'''

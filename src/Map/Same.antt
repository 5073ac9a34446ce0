-- ===== src/Map/Same.antt =====
-- pt_map_set of the node that the map has at the key already: the node is freed, and stays in the map.
use pillowtalk.Prelude.{
  refl, ℕ, ◌<◌, ◌≡◌, ◌≢◌, ap, subst, true, inl, inr, Option-cases, none, some, ◌∷◌, arith,
}
use pillowtalk.Libraries.{Bytes, Ptr, Libraries, holds, has_key}
use pillowtalk.Heap.{Heap, fault, null, Obj, ◌>>◌, load, key_value, map_node, write}
use pillowtalk.Heap.Access.{not_null, load-ok, store-ok, dangling-load, put}
use pillowtalk.Heap.Returns.{Returns, done, Returns-and_then}
use pillowtalk.Node.{c_str}
use pillowtalk.Tree.{Pairs, object, root_of, entries_of, addrs, pair_addrs, Holds}
use pillowtalk.Tree.Footprint.{has-root_of, Distinct}
use pillowtalk.Free.Gone.{size, free_node-Gone}
use pillowtalk.Free.Cells.{Gone}
use pillowtalk.Free.{value_of}
use pillowtalk.Map.{map_get, map_set}
use pillowtalk.Map.Lookup.{get_tree, UniqueKeys, pair_found}
use pillowtalk.Map.Items.{found_apart, get_tree-Distinct, get_tree-Holds}
use pillowtalk.Map.Addresses.{has-get_tree, has_of_holds}

module _ ⦃L : Libraries⦄ where
  -- A node that a read finds no struct at.
  abbrev pub Dangling : Ptr → Heap Obj → Type 0
  Dangling p h = load p h ≡ fault

  module _ (fuel : ℕ) (p : Ptr) (ps : Pairs) (key : Bytes) (h : Heap Obj)
      (hm : Holds h.cell (object p ps)) (d : Distinct (p ∷ pair_addrs ps)) (u : UniqueKeys ps)
      (nv : root_of (get_tree (c_str key) ps) ≢ null)
      (enough : size (get_tree (c_str key) ps) < fuel) where
    abbrev old : Ptr
    old = root_of (get_tree (c_str key) ps)

    -- The map still leads to the node, and the node is gone.
    record StillThere (q : Ptr) (h' : Heap Obj) : Type 0 where
      table : h'.cell p ≡ some (map_node hm.1.0)
      item : (q ≢ null) × (h'.cell q ≡ some (key_value (c_str key) old p))
      freed : h'.cell old ≡ none

    module _ (q : Ptr) (found : L.find (c_str key) hm.1.0 ≡ some q) where
      is_key : holds (c_str key) q (entries_of ps) ≡ true
      is_key =
          subst (λ es. holds (c_str key) q es ≡ true) hm.1.2
            (L.holds_of_find (c_str key) hm.1.0 q found)

      at_key : (q ≢ null) × (h.cell q ≡ some (key_value (c_str key) old p))
      at_key = pair_found ps h.cell p (c_str key) q u hm.2 is_key

      put-StillThere :
          (h2 : Heap Obj)
          → Gone (addrs (get_tree (c_str key) ps)) h h2
          → StillThere q (put h2 q (some (key_value (c_str key) old p)))
      unfolding write
      put-StillThere h2 g =
          let in_ps = has_of_holds (c_str key) q ps is_key in
          let q_out = found_apart (c_str key) q ps u d.1 is_key in
          let old_in = has-root_of (get_tree (c_str key) ps) nv in
          record {
            table = ground (arith, g.cells p, has-get_tree (c_str key) ps p, hm.1.1);
            item = (at_key.0, ground arith);
            freed = ground (arith, g.cells old);
          }

      map_set-StillThere : Returns (λ _ h'. StillThere q h') (map_set fuel p (some key) old h)
      unfolding map_set value_of
      map_set-StillThere =
          rw (not_null hm.0, load-ok h hm.0 hm.1.1, not_null nv, found, load-ok h at_key.0 at_key.1)
            (Returns-and_then
              (free_node-Gone (get_tree (c_str key) ps) fuel h enough
                (get_tree-Holds (c_str key) ps h.cell p hm.2)
                (get_tree-Distinct (c_str key) ps d.1))
              λ _ h2 g.
                let stays : h2.cell q ≡ some (key_value (c_str key) old p) =
                  ground (arith, g.cells q, at_key.1, found_apart (c_str key) q ps u d.1 is_key) in
                rw (load-ok h2 at_key.0 stays, store-ok h2 at_key.0 stays)
                  (done (put-StillThere h2 g)))

      map_get-StillThere :
          (h' : Heap Obj)
          → StillThere q h'
          → Returns (λ v h2. (v ≡ old) × Dangling v h2) (map_get p (some key) h')
      unfolding map_get value_of
      map_get-StillThere h' x =
          rw (not_null hm.0, load-ok h' hm.0 x.table, found, load-ok h' x.item.0 x.item.1)
            (done (refl, dangling-load old h' x.freed))

    -- In a map with distinct keys that has a node other than NULL at the key, with more fuel than the tree
    -- at the node has structs: after pt_map_set of that node at the key, pt_map_get gives the node
    -- still, and a read of it is undefined.
    pub map_set-Dangling :
        has_key (c_str key) (entries_of ps) ≡ true
        → Returns
            (λ v h'. (v ≡ old) × Dangling v h')
            ((map_set fuel p (some key) old >> map_get p (some key)) h)
    map_set-Dangling there = elim (Option-cases (L.find (c_str key) hm.1.0)) [
      | inl missing ↦ absurd (
          cc (
            there,
            ap (has_key (c_str key)) hm.1.2,
            L.has_key_of_find_none (c_str key) hm.1.0 missing,
          ))
      | inr (q, found) ↦
          Returns-and_then (map_set-StillThere q found) λ _ h' x. map_get-StillThere q found h' x
    ]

'''

### Your task
Count the lines above in which the word "ground" appears, then state only that count.

### Written solution
4